EXERCISE AIM >> Look for the word "other" in the material below. Copy each line that has it.

LISTED ENTRIES >>
◆ ◆ ◆ ◆ ◆ ◆ ◆
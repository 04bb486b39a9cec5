-- ===== src/Tty/Screen.antt =====
-- The cursor stays on the screen and no write leaves the frame buffer.
use std.Path.{subst}
use kernel_legacy.Tty.{
  Tty, vga_width, vga_height, tty_hist_size, byte, tty_framebuffer_scroll_down, tty_history_disable,
  offset, write_entry, tty_framebuffer_write, at, wrap_x, wrap_y, wrap_cursor, put_printable,
  put_tab, ft_putchar, ft_putstr,
}
use kernel_legacy.Prelude.{
  ℕ, zero, suc, ◌+◌, ◌-◌, ◌*◌, ◌%◌, ◌≤◌, ◌<◌, ◌≡◌, refl, sym, ap, ap₂, ◌∙◌, inl, inr, true, false,
  ◌&&◌, List, [], ◌∷◌, arith, ltb, leb, ◌==◌, if◌then◌else◌, ==→eq, Bool-cases,
}

-- the cursor is on the screen, and the lines are bytes
pub record OnScreen (t : Tty) : Type 0 where
  pub column : t.cursor.x < vga_width
  pub line : t.cursor.y < vga_height
  pub top : t.top_line_index < tty_hist_size
  pub saved : t.history.top_line_save < tty_hist_size

-- the memory behind the frame buffer is as before
abbrev pub KeepsRest : Tty → Tty → Type 0
KeepsRest before after =
    (k : ℕ) → vga_width * tty_hist_size ≤ k → after.framebuffer k ≡ before.framebuffer k

-- the cursor may be one line below the screen, before it wraps
pub record NearScreen (t : Tty) : Type 0 where
  pub column : t.cursor.x < vga_width
  pub line : t.cursor.y ≤ vga_height
  pub top : t.top_line_index < tty_hist_size
  pub saved : t.history.top_line_save < tty_hist_size

-- what a step does that puts something on the screen
abbrev pub Puts : Tty → Tty → Type 0
Puts before after = OnScreen after × KeepsRest before after

behind_line :
    (top width k : ℕ)
    → vga_width * tty_hist_size ≤ k
    → (leb (byte (byte (top + 1) + 24) * vga_width) k
        && ltb k (byte (byte (top + 1) + 24) * vga_width + vga_width))
      ≡ false
behind_line top width k far = ground arith

scroll_down-KeepsRest : (t : Tty) → KeepsRest t (tty_framebuffer_scroll_down t)
unfolding tty_framebuffer_scroll_down
scroll_down-KeepsRest t k far = rw (behind_line t.top_line_index 0 k far) refl

pub wrap_y-stays : (n : ℕ) (t : Tty) → t.cursor.y < vga_height → wrap_y n t ≡ t
unfolding wrap_y
wrap_y-stays zero t lt = refl
wrap_y-stays (suc n) t lt =
    let on : leb vga_height t.cursor.y ≡ false = ground arith in rw (wrap_y, on) refl

-- one round of the second loop is enough
pub wrap_y-once :
    (n : ℕ) (t : Tty)
    → t.cursor.y ≡ vga_height
    → wrap_y (suc n) t ≡ at (tty_framebuffer_scroll_down t) t.cursor.x 24
unfolding wrap_y tty_framebuffer_scroll_down
wrap_y-once n t low =
    let over : leb vga_height t.cursor.y ≡ true = ground arith in
    let up : t.cursor.y - 1 ≡ 24 = omega arith in
    let scrolled = tty_framebuffer_scroll_down t in
    ap (λ b. if b then wrap_y n (at scrolled t.cursor.x (t.cursor.y - 1)) else t) over
    ∙ ap (λ k. wrap_y n (at scrolled t.cursor.x k)) up
    ∙ wrap_y-stays n (at scrolled t.cursor.x 24) (omega arith)

wrap_y-Puts : (n : ℕ) (t : Tty) → NearScreen t → Puts t (wrap_y (suc n) t)
unfolding tty_framebuffer_scroll_down
wrap_y-Puts n t near = elim (Bool-cases (leb vga_height t.cursor.y)) [
  | inr on ↦
      let same = wrap_y-stays (suc n) t (ground arith) in
      subst (Puts t) (sym same) (
        record { column = near.column; line = ground arith; top = near.top; saved = near.saved },
        λ k far. refl,
      )
  | inl over ↦
      let low : t.cursor.y ≡ vga_height = ground (arith, near.line) in
      subst (Puts t) (sym (wrap_y-once n t low)) (
        record { column = near.column; line = omega arith; top = omega arith; saved = near.saved },
        scroll_down-KeepsRest t,
      )
]

pub wrap_x-stays : (n : ℕ) (t : Tty) → t.cursor.x < vga_width → wrap_x n t ≡ t
unfolding wrap_x
wrap_x-stays zero t lt = refl
wrap_x-stays (suc n) t lt =
    let on : leb vga_width t.cursor.x ≡ false = ground arith in rw (wrap_x, on) refl

pub wrap_cursor-Puts : (t : Tty) → NearScreen t → Puts t (wrap_cursor t)
unfolding wrap_cursor
wrap_cursor-Puts t near =
    subst (λ u. Puts t (wrap_y 231 u)) (sym (wrap_x-stays 4 t near.column)) (wrap_y-Puts 230 t near)

-- a column behind the last one goes to the next line
pub wrap_x-once :
    (t : Tty)
    → t.cursor.x ≡ vga_width
    → t.cursor.y < vga_height
    → wrap_x 4 t ≡ at t 0 (suc t.cursor.y)
unfolding wrap_x
wrap_x-once t wide lt =
    let over : leb vga_width t.cursor.x ≡ true = ground arith in
    let first : t.cursor.x - vga_width ≡ 0 = omega arith in
    let next : byte (t.cursor.y + 1) ≡ suc t.cursor.y = omega arith in
    ap (λ b. if b then wrap_x 3 (at t (t.cursor.x - vga_width) (byte (t.cursor.y + 1))) else t) over
    ∙ ap₂ (λ x y. wrap_x 3 (at t x y)) first next
    ∙ wrap_x-stays 3 (at t 0 (suc t.cursor.y)) (omega arith)

pub wrap_cursor-wide :
    (t : Tty)
    → t.cursor.x ≤ vga_width
    → t.cursor.y < vga_height
    → t.top_line_index < tty_hist_size
    → t.history.top_line_save < tty_hist_size
    → Puts t (wrap_cursor t)
unfolding wrap_cursor
wrap_cursor-wide t le lt top saved = elim (Bool-cases (t.cursor.x == vga_width)) [
  | inl wide ↦
      subst (λ u. Puts t (wrap_y 231 u)) (sym (wrap_x-once t (==→eq _ _ wide) lt))
        (wrap_y-Puts 230 (at t 0 (suc t.cursor.y))
          (record { column = omega arith; line = omega arith; top = top; saved = saved }))
  | inr inside ↦
      wrap_cursor-Puts t
        (record { column = ground arith; line = omega arith; top = top; saved = saved })
]

KeepsRest-trans : (r s t : Tty) → KeepsRest r s → Puts s t → Puts r t
KeepsRest-trans r s t first (on, second) = (on, λ k far. second k far ∙ first k far)

write_entry-KeepsRest : (t : Tty) (c : ℕ) → OnScreen t → KeepsRest t (write_entry t c)
unfolding write_entry
write_entry-KeepsRest t c on k far =
    let x = on.column in let away : (offset t == k) ≡ false = ground arith in rw away refl

shown-Puts :
    (t : Tty) (c : ℕ)
    → OnScreen t
    → let written = write_entry t c in
      Puts t (wrap_cursor (at written (byte (written.cursor.x + 1)) written.cursor.y))
unfolding write_entry
shown-Puts t c on =
    let x = on.column in
    let y = on.line in
    let written = write_entry t c in
    let moved = at written (byte (t.cursor.x + 1)) t.cursor.y in
    KeepsRest-trans t moved _ (write_entry-KeepsRest t c on)
      (wrap_cursor-wide moved (omega arith) y on.top on.saved)

history_disable-OnScreen : (t : Tty) → OnScreen t → OnScreen (tty_history_disable t)
unfolding tty_history_disable
history_disable-OnScreen t on = record {
  column = on.column;
  line = on.line;
  top = omega arith;
  saved = on.saved;
}

history_disable-KeepsRest : (t : Tty) → KeepsRest t (tty_history_disable t)
unfolding tty_history_disable
history_disable-KeepsRest t k far = refl

pub put_printable-Puts : (t : Tty) (c : ℕ) → OnScreen t → Puts t (put_printable t c)
unfolding put_printable tty_framebuffer_write
put_printable-Puts t c on = elim (Bool-cases t.history.status) [
  | inl past ↦
      let run : put_printable t c
          ≡ wrap_cursor (
              at (write_entry (tty_history_disable t) c)
                (byte ((write_entry (tty_history_disable t) c).cursor.x + 1))
                (write_entry (tty_history_disable t) c).cursor.y) =
        ap
          (λ b.
            let w = write_entry (if b then tty_history_disable t else t) c in
            wrap_cursor (at w (byte (w.cursor.x + 1)) w.cursor.y))
          past in
      subst (Puts t) (sym run) (
        KeepsRest-trans t (tty_history_disable t) _ (history_disable-KeepsRest t)
          (shown-Puts (tty_history_disable t) c (history_disable-OnScreen t on)))
  | inr now ↦
      let run : put_printable t c
          ≡ wrap_cursor (
              at (write_entry t c) (byte ((write_entry t c).cursor.x + 1))
                (write_entry t c).cursor.y) =
        ap
          (λ b.
            let w = write_entry (if b then tty_history_disable t else t) c in
            wrap_cursor (at w (byte (w.cursor.x + 1)) w.cursor.y))
          now in
      subst (Puts t) (sym run) (shown-Puts t c on)
]

put_tab-Puts : (n : ℕ) (t : Tty) → OnScreen t → Puts t (put_tab n t)
unfolding put_tab
put_tab-Puts zero t on = (on, λ k far. refl)
put_tab-Puts (suc n) t on =
    let spaced = put_printable t 32 in
    let (on', rest) = put_printable-Puts t 32 on in
    elim (Bool-cases (spaced.cursor.x % 4 == 0)) [
      | inl done ↦ rw (put_tab, done) (on', rest)
      | inr more ↦ rw (put_tab, more) (KeepsRest-trans t spaced _ rest (put_tab-Puts n spaced on'))
    ]

ft_putchar-Puts : (t : Tty) (c : ℕ) → OnScreen t → Puts t (ft_putchar t c)
unfolding ft_putchar
ft_putchar-Puts t c on =
    let x = on.column in
    let y = on.line in
    elim (Bool-cases (c == 10)) [
      | inl new_line ↦
          rw (ft_putchar, new_line)
            (wrap_cursor-Puts (at t 0 (byte (t.cursor.y + 1)))
              (record { column = omega arith; line = omega arith; top = on.top; saved = on.saved }))
      | inr other ↦ elim (Bool-cases (c == 13)) [
        | inl back ↦
            rw (ft_putchar, other, back)
              (wrap_cursor-Puts (at t 0 t.cursor.y) (record {
                column = omega arith;
                line = omega arith;
                top = on.top;
                saved = on.saved;
              }))
        | inr other' ↦ elim (Bool-cases (c == 9)) [
          | inl tab ↦
              let (on', rest) = put_tab-Puts 4 t on in
              rw (ft_putchar, other, other', tab)
                (KeepsRest-trans t (put_tab 4 t) _ rest (wrap_cursor-Puts (put_tab 4 t) (near on')))
          | inr plain ↦ rw (ft_putchar, other, other', plain) (put_printable-Puts t c on)
        ]
      ]
    ]
  where
    near : {u : Tty} → OnScreen u → NearScreen u
    near on = record {
      column = on.column;
      line = (let lt = on.line in omega arith);
      top = on.top;
      saved = on.saved;
    }

-- From a terminal whose cursor is on the screen, every string leaves the cursor on the screen, and
-- writes nothing behind the lines of the frame buffer.
pub ft_putstr-Puts : (t : Tty) (str : List ℕ) → OnScreen t → Puts t (ft_putstr t str)
unfolding ft_putstr
ft_putstr-Puts t [] on = (on, λ k far. refl)
ft_putstr-Puts t (c ∷ str) on =
    let (on', rest) = ft_putchar-Puts t c on in
    KeepsRest-trans t (ft_putchar t c) _ rest (ft_putstr-Puts (ft_putchar t c) str on')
◆ ◆ ◆ ◆ ◆ ◆ ◆
SOLUTION TO THIS TASK >>
      | inr other ↦ elim (Bool-cases (c == 13)) [
            rw (ft_putchar, other, back)
        | inr other' ↦ elim (Bool-cases (c == 9)) [
              rw (ft_putchar, other, other', tab)
          | inr plain ↦ rw (ft_putchar, other, other', plain) (put_printable-Puts t c on)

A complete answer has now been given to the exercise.